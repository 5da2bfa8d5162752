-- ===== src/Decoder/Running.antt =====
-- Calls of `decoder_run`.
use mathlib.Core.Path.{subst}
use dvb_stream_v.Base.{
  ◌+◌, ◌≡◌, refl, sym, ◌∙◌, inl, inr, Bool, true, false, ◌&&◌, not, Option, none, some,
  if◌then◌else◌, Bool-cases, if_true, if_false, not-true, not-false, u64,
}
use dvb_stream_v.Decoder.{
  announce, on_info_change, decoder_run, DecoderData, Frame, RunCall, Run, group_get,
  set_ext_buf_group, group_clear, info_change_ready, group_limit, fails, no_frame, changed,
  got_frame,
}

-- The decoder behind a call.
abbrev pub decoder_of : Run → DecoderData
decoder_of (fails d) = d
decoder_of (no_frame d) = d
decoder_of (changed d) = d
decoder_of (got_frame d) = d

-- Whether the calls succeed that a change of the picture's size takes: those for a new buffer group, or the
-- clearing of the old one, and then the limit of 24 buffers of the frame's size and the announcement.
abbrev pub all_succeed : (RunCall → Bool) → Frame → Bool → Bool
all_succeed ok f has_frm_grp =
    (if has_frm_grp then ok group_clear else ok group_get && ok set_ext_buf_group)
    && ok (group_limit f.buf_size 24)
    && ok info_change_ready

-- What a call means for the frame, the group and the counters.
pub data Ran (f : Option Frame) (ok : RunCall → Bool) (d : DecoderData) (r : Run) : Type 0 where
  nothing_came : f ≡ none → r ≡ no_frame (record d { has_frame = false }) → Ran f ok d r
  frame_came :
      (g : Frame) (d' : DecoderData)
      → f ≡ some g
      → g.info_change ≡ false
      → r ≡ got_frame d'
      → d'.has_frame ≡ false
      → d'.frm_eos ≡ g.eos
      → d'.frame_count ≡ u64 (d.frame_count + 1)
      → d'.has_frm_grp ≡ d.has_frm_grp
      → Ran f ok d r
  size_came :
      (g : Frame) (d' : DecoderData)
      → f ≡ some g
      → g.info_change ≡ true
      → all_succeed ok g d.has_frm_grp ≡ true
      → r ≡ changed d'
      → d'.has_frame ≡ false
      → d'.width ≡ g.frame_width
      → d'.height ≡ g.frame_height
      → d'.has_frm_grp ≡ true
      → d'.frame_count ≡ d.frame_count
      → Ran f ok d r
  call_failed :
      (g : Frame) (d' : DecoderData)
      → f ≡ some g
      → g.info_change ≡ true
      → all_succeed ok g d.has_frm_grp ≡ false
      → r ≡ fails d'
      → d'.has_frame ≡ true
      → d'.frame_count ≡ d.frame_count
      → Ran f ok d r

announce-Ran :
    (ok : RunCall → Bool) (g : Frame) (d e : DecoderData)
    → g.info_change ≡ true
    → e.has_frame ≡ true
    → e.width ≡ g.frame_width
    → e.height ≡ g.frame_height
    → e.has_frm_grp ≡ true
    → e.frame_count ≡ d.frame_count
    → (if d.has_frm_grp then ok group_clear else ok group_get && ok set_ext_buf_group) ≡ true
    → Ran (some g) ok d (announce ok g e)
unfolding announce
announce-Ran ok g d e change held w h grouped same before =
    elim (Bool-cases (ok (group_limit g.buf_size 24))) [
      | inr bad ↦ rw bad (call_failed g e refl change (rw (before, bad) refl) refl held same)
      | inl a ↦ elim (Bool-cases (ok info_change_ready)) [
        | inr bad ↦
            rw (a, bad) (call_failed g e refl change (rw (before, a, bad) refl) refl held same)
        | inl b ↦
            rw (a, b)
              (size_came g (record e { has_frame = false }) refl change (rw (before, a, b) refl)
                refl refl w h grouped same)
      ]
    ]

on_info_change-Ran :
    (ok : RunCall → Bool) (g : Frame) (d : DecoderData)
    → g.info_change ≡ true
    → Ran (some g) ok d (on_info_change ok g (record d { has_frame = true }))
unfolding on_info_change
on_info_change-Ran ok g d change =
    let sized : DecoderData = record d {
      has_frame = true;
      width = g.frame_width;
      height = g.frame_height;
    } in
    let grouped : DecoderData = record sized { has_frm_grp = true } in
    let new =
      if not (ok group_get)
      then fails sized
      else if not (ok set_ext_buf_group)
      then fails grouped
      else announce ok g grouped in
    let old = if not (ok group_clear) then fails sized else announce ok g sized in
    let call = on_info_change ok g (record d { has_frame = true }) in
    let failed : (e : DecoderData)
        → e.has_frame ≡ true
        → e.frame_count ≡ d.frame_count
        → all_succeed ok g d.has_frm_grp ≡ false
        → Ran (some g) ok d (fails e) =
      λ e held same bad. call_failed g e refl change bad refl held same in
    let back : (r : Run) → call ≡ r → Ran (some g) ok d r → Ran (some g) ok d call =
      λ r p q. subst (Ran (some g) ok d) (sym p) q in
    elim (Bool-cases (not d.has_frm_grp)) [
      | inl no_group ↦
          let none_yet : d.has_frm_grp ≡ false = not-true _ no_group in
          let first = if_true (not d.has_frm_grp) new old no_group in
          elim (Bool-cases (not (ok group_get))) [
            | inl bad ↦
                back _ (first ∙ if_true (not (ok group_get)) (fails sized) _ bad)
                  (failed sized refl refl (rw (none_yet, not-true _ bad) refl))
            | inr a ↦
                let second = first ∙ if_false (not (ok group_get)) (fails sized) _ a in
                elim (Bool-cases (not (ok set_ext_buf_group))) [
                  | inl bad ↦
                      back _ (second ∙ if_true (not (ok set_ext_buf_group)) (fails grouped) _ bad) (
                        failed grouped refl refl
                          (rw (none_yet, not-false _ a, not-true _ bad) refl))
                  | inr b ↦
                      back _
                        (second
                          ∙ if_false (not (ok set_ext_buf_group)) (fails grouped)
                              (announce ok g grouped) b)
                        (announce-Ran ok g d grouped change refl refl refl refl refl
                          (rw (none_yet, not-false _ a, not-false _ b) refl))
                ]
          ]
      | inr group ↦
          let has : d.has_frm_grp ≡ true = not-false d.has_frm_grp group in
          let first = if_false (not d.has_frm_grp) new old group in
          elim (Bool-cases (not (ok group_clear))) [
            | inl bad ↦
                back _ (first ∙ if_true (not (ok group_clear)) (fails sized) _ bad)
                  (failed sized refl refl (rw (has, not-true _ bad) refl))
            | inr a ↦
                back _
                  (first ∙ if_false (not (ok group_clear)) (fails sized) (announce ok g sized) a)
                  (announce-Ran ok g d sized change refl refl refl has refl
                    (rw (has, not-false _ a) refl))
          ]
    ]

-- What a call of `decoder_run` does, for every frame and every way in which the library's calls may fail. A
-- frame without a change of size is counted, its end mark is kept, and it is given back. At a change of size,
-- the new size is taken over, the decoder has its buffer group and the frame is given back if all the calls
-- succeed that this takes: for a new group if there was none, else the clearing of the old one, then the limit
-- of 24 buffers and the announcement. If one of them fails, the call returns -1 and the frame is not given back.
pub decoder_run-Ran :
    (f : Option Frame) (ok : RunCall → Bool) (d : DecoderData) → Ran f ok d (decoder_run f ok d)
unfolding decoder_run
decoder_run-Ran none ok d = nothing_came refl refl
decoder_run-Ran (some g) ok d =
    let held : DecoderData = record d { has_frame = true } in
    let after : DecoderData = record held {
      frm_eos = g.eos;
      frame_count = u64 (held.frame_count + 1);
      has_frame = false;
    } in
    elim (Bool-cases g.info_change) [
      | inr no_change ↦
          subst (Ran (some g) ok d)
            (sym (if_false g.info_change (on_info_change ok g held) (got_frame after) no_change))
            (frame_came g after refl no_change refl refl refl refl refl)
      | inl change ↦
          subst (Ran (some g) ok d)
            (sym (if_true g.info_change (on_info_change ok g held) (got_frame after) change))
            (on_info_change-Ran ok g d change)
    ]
#####
### What this task involves
The answer should be the complete set of records, printed exactly.

### Solution for this exercise
repository 5da2bfa8d5162752
-- ===== src/Decoder/Running.antt =====
-- Calls of `decoder_run`.
use mathlib.Core.Path.{subst}
use dvb_stream_v.Base.{
  ◌+◌, ◌≡◌, refl, sym, ◌∙◌, inl, inr, Bool, true, false, ◌&&◌, not, Option, none, some,
  if◌then◌else◌, Bool-cases, if_true, if_false, not-true, not-false, u64,
}
use dvb_stream_v.Decoder.{
  announce, on_info_change, decoder_run, DecoderData, Frame, RunCall, Run, group_get,
  set_ext_buf_group, group_clear, info_change_ready, group_limit, fails, no_frame, changed,
  got_frame,
}

-- The decoder behind a call.
abbrev pub decoder_of : Run → DecoderData
decoder_of (fails d) = d
decoder_of (no_frame d) = d
decoder_of (changed d) = d
decoder_of (got_frame d) = d

-- Whether the calls succeed that a change of the picture's size takes: those for a new buffer group, or the
-- clearing of the old one, and then the limit of 24 buffers of the frame's size and the announcement.
abbrev pub all_succeed : (RunCall → Bool) → Frame → Bool → Bool
all_succeed ok f has_frm_grp =
    (if has_frm_grp then ok group_clear else ok group_get && ok set_ext_buf_group)
    && ok (group_limit f.buf_size 24)
    && ok info_change_ready

-- What a call means for the frame, the group and the counters.
pub data Ran (f : Option Frame) (ok : RunCall → Bool) (d : DecoderData) (r : Run) : Type 0 where
  nothing_came : f ≡ none → r ≡ no_frame (record d { has_frame = false }) → Ran f ok d r
  frame_came :
      (g : Frame) (d' : DecoderData)
      → f ≡ some g
      → g.info_change ≡ false
      → r ≡ got_frame d'
      → d'.has_frame ≡ false
      → d'.frm_eos ≡ g.eos
      → d'.frame_count ≡ u64 (d.frame_count + 1)
      → d'.has_frm_grp ≡ d.has_frm_grp
      → Ran f ok d r
  size_came :
      (g : Frame) (d' : DecoderData)
      → f ≡ some g
      → g.info_change ≡ true
      → all_succeed ok g d.has_frm_grp ≡ true
      → r ≡ changed d'
      → d'.has_frame ≡ false
      → d'.width ≡ g.frame_width
      → d'.height ≡ g.frame_height
      → d'.has_frm_grp ≡ true
      → d'.frame_count ≡ d.frame_count
      → Ran f ok d r
  call_failed :
      (g : Frame) (d' : DecoderData)
      → f ≡ some g
      → g.info_change ≡ true
      → all_succeed ok g d.has_frm_grp ≡ false
      → r ≡ fails d'
      → d'.has_frame ≡ true
      → d'.frame_count ≡ d.frame_count
      → Ran f ok d r

announce-Ran :
    (ok : RunCall → Bool) (g : Frame) (d e : DecoderData)
    → g.info_change ≡ true
    → e.has_frame ≡ true
    → e.width ≡ g.frame_width
    → e.height ≡ g.frame_height
    → e.has_frm_grp ≡ true
    → e.frame_count ≡ d.frame_count
    → (if d.has_frm_grp then ok group_clear else ok group_get && ok set_ext_buf_group) ≡ true
    → Ran (some g) ok d (announce ok g e)
unfolding announce
announce-Ran ok g d e change held w h grouped same before =
    elim (Bool-cases (ok (group_limit g.buf_size 24))) [
      | inr bad ↦ rw bad (call_failed g e refl change (rw (before, bad) refl) refl held same)
      | inl a ↦ elim (Bool-cases (ok info_change_ready)) [
        | inr bad ↦
            rw (a, bad) (call_failed g e refl change (rw (before, a, bad) refl) refl held same)
        | inl b ↦
            rw (a, b)
              (size_came g (record e { has_frame = false }) refl change (rw (before, a, b) refl)
                refl refl w h grouped same)
      ]
    ]

on_info_change-Ran :
    (ok : RunCall → Bool) (g : Frame) (d : DecoderData)
    → g.info_change ≡ true
    → Ran (some g) ok d (on_info_change ok g (record d { has_frame = true }))
unfolding on_info_change
on_info_change-Ran ok g d change =
    let sized : DecoderData = record d {
      has_frame = true;
      width = g.frame_width;
      height = g.frame_height;
    } in
    let grouped : DecoderData = record sized { has_frm_grp = true } in
    let new =
      if not (ok group_get)
      then fails sized
      else if not (ok set_ext_buf_group)
      then fails grouped
      else announce ok g grouped in
    let old = if not (ok group_clear) then fails sized else announce ok g sized in
    let call = on_info_change ok g (record d { has_frame = true }) in
    let failed : (e : DecoderData)
        → e.has_frame ≡ true
        → e.frame_count ≡ d.frame_count
        → all_succeed ok g d.has_frm_grp ≡ false
        → Ran (some g) ok d (fails e) =
      λ e held same bad. call_failed g e refl change bad refl held same in
    let back : (r : Run) → call ≡ r → Ran (some g) ok d r → Ran (some g) ok d call =
      λ r p q. subst (Ran (some g) ok d) (sym p) q in
    elim (Bool-cases (not d.has_frm_grp)) [
      | inl no_group ↦
          let none_yet : d.has_frm_grp ≡ false = not-true _ no_group in
          let first = if_true (not d.has_frm_grp) new old no_group in
          elim (Bool-cases (not (ok group_get))) [
            | inl bad ↦
                back _ (first ∙ if_true (not (ok group_get)) (fails sized) _ bad)
                  (failed sized refl refl (rw (none_yet, not-true _ bad) refl))
            | inr a ↦
                let second = first ∙ if_false (not (ok group_get)) (fails sized) _ a in
                elim (Bool-cases (not (ok set_ext_buf_group))) [
                  | inl bad ↦
                      back _ (second ∙ if_true (not (ok set_ext_buf_group)) (fails grouped) _ bad) (
                        failed grouped refl refl
                          (rw (none_yet, not-false _ a, not-true _ bad) refl))
                  | inr b ↦
                      back _
                        (second
                          ∙ if_false (not (ok set_ext_buf_group)) (fails grouped)
                              (announce ok g grouped) b)
                        (announce-Ran ok g d grouped change refl refl refl refl refl
                          (rw (none_yet, not-false _ a, not-false _ b) refl))
                ]
          ]
      | inr group ↦
          let has : d.has_frm_grp ≡ true = not-false d.has_frm_grp group in
          let first = if_false (not d.has_frm_grp) new old group in
          elim (Bool-cases (not (ok group_clear))) [
            | inl bad ↦
                back _ (first ∙ if_true (not (ok group_clear)) (fails sized) _ bad)
                  (failed sized refl refl (rw (has, not-true _ bad) refl))
            | inr a ↦
                back _
                  (first ∙ if_false (not (ok group_clear)) (fails sized) (announce ok g sized) a)
                  (announce-Ran ok g d sized change refl refl refl has refl
                    (rw (has, not-false _ a) refl))
          ]
    ]

-- What a call of `decoder_run` does, for every frame and every way in which the library's calls may fail. A
-- frame without a change of size is counted, its end mark is kept, and it is given back. At a change of size,
-- the new size is taken over, the decoder has its buffer group and the frame is given back if all the calls
-- succeed that this takes: for a new group if there was none, else the clearing of the old one, then the limit
-- of 24 buffers and the announcement. If one of them fails, the call returns -1 and the frame is not given back.
pub decoder_run-Ran :
    (f : Option Frame) (ok : RunCall → Bool) (d : DecoderData) → Ran f ok d (decoder_run f ok d)
unfolding decoder_run
decoder_run-Ran none ok d = nothing_came refl refl
decoder_run-Ran (some g) ok d =
    let held : DecoderData = record d { has_frame = true } in
    let after : DecoderData = record held {
      frm_eos = g.eos;
      frame_count = u64 (held.frame_count + 1);
      has_frame = false;
    } in
    elim (Bool-cases g.info_change) [
      | inr no_change ↦
          subst (Ran (some g) ok d)
            (sym (if_false g.info_change (on_info_change ok g held) (got_frame after) no_change))
            (frame_came g after refl no_change refl refl refl refl refl)
      | inl change ↦
          subst (Ran (some g) ok d)
            (sym (if_true g.info_change (on_info_change ok g held) (got_frame after) change))
            (on_info_change-Ran ok g d change)
    ]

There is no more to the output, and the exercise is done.